DIRECTIONS> Which of the lines in the data below contain the string "handle"? Copy each of them.
Segment Open
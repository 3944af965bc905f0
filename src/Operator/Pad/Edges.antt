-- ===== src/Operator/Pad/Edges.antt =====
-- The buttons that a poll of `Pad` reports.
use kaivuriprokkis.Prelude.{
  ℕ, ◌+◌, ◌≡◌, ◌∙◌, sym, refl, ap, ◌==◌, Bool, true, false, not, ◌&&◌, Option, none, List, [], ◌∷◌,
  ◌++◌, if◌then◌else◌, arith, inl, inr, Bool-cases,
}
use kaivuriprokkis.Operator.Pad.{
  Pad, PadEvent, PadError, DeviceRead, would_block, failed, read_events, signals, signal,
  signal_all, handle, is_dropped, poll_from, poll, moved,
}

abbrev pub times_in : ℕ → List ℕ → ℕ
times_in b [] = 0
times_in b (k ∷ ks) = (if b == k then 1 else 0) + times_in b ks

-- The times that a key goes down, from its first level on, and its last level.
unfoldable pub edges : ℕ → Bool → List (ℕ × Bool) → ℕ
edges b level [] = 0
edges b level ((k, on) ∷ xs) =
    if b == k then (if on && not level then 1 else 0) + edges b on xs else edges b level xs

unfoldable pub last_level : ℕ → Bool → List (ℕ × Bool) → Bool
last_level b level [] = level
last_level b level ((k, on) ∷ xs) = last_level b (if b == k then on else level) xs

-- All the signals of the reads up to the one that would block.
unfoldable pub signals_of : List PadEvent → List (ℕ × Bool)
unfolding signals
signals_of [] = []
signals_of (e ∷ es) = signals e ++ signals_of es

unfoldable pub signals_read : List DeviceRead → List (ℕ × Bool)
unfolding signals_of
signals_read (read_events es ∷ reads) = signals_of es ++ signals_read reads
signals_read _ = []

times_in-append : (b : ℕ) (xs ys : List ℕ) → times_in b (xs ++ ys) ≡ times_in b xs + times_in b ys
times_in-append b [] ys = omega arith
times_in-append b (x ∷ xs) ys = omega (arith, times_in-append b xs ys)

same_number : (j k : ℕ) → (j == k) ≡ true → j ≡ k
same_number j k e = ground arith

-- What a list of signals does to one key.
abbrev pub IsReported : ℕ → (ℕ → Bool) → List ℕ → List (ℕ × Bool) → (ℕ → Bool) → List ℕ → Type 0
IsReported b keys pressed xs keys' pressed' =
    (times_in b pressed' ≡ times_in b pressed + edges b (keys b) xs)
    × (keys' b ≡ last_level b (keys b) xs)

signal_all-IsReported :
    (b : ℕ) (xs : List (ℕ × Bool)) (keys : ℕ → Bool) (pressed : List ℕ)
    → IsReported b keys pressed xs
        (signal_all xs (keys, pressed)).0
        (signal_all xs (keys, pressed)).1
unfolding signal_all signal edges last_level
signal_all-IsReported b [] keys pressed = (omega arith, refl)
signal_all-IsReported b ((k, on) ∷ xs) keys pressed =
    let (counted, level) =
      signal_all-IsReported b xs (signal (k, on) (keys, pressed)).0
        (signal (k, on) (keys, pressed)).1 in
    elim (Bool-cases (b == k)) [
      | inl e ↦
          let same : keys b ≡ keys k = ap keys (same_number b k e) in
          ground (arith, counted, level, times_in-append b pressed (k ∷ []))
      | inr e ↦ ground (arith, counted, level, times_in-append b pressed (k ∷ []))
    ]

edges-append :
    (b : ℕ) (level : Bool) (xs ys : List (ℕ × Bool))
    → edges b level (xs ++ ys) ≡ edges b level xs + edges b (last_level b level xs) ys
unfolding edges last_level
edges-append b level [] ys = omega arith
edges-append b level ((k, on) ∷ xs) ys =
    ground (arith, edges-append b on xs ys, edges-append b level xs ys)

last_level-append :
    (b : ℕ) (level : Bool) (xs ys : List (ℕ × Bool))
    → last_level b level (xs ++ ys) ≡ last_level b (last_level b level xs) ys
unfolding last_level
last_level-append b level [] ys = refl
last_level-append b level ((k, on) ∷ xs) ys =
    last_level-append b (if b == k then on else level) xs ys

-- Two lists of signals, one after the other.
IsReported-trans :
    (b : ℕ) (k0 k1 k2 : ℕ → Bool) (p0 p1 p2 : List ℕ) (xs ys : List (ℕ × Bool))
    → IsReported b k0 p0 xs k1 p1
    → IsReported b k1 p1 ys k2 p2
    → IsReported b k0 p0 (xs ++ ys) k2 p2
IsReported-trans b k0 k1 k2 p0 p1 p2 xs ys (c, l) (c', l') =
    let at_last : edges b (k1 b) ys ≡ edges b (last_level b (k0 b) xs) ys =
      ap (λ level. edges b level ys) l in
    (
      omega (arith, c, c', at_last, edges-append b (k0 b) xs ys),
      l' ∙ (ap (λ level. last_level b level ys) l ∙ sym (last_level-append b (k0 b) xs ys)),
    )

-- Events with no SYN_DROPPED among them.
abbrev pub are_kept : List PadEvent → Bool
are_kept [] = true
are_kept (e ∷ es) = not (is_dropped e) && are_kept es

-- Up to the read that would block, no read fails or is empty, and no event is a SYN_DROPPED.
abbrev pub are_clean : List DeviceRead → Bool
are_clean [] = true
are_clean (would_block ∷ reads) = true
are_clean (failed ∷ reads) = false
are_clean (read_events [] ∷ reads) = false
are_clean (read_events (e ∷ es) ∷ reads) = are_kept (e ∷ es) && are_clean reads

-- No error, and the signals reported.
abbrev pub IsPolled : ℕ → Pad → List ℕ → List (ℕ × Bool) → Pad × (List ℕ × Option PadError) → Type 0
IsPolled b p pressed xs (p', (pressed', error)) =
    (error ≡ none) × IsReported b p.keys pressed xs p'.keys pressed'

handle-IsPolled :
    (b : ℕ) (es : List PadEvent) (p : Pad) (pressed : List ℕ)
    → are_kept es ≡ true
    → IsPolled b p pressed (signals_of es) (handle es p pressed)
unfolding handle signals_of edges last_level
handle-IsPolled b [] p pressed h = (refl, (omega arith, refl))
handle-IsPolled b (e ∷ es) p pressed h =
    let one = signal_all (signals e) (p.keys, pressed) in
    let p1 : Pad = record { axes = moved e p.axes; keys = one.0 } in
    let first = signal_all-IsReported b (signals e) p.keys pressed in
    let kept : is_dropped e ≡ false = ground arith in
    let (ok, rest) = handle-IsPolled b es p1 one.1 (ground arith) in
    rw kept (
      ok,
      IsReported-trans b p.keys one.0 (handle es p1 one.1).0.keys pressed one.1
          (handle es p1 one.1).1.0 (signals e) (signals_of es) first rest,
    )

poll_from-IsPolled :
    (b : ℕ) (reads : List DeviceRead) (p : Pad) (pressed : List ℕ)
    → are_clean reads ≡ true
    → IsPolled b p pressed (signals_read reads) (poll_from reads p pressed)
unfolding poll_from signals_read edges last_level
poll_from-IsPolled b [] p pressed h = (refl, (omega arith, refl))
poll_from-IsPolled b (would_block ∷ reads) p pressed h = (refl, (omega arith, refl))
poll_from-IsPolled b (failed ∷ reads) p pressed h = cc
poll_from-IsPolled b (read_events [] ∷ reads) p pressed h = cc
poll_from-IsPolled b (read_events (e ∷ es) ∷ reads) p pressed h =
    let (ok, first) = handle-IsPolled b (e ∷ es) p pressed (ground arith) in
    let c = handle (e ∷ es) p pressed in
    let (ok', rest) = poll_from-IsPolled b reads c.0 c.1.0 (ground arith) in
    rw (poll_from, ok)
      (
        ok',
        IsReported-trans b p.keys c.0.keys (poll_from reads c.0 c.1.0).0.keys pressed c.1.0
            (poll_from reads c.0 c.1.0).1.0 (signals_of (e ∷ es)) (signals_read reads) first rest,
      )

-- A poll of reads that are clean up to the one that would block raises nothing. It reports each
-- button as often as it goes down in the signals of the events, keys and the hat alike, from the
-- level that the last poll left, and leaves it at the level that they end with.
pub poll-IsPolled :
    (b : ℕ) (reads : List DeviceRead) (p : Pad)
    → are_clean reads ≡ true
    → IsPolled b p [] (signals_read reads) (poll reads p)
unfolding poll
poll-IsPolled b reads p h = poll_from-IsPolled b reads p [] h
Segment Closed
SOLUTION TO THE PROBLEM>
  signal_all, handle, is_dropped, poll_from, poll, moved,
handle-IsPolled :
    → IsPolled b p pressed (signals_of es) (handle es p pressed)
unfolding handle signals_of edges last_level
handle-IsPolled b [] p pressed h = (refl, (omega arith, refl))
handle-IsPolled b (e ∷ es) p pressed h =
    let (ok, rest) = handle-IsPolled b es p1 one.1 (ground arith) in
      IsReported-trans b p.keys one.0 (handle es p1 one.1).0.keys pressed one.1
          (handle es p1 one.1).1.0 (signals e) (signals_of es) first rest,
    let (ok, first) = handle-IsPolled b (e ∷ es) p pressed (ground arith) in
    let c = handle (e ∷ es) p pressed in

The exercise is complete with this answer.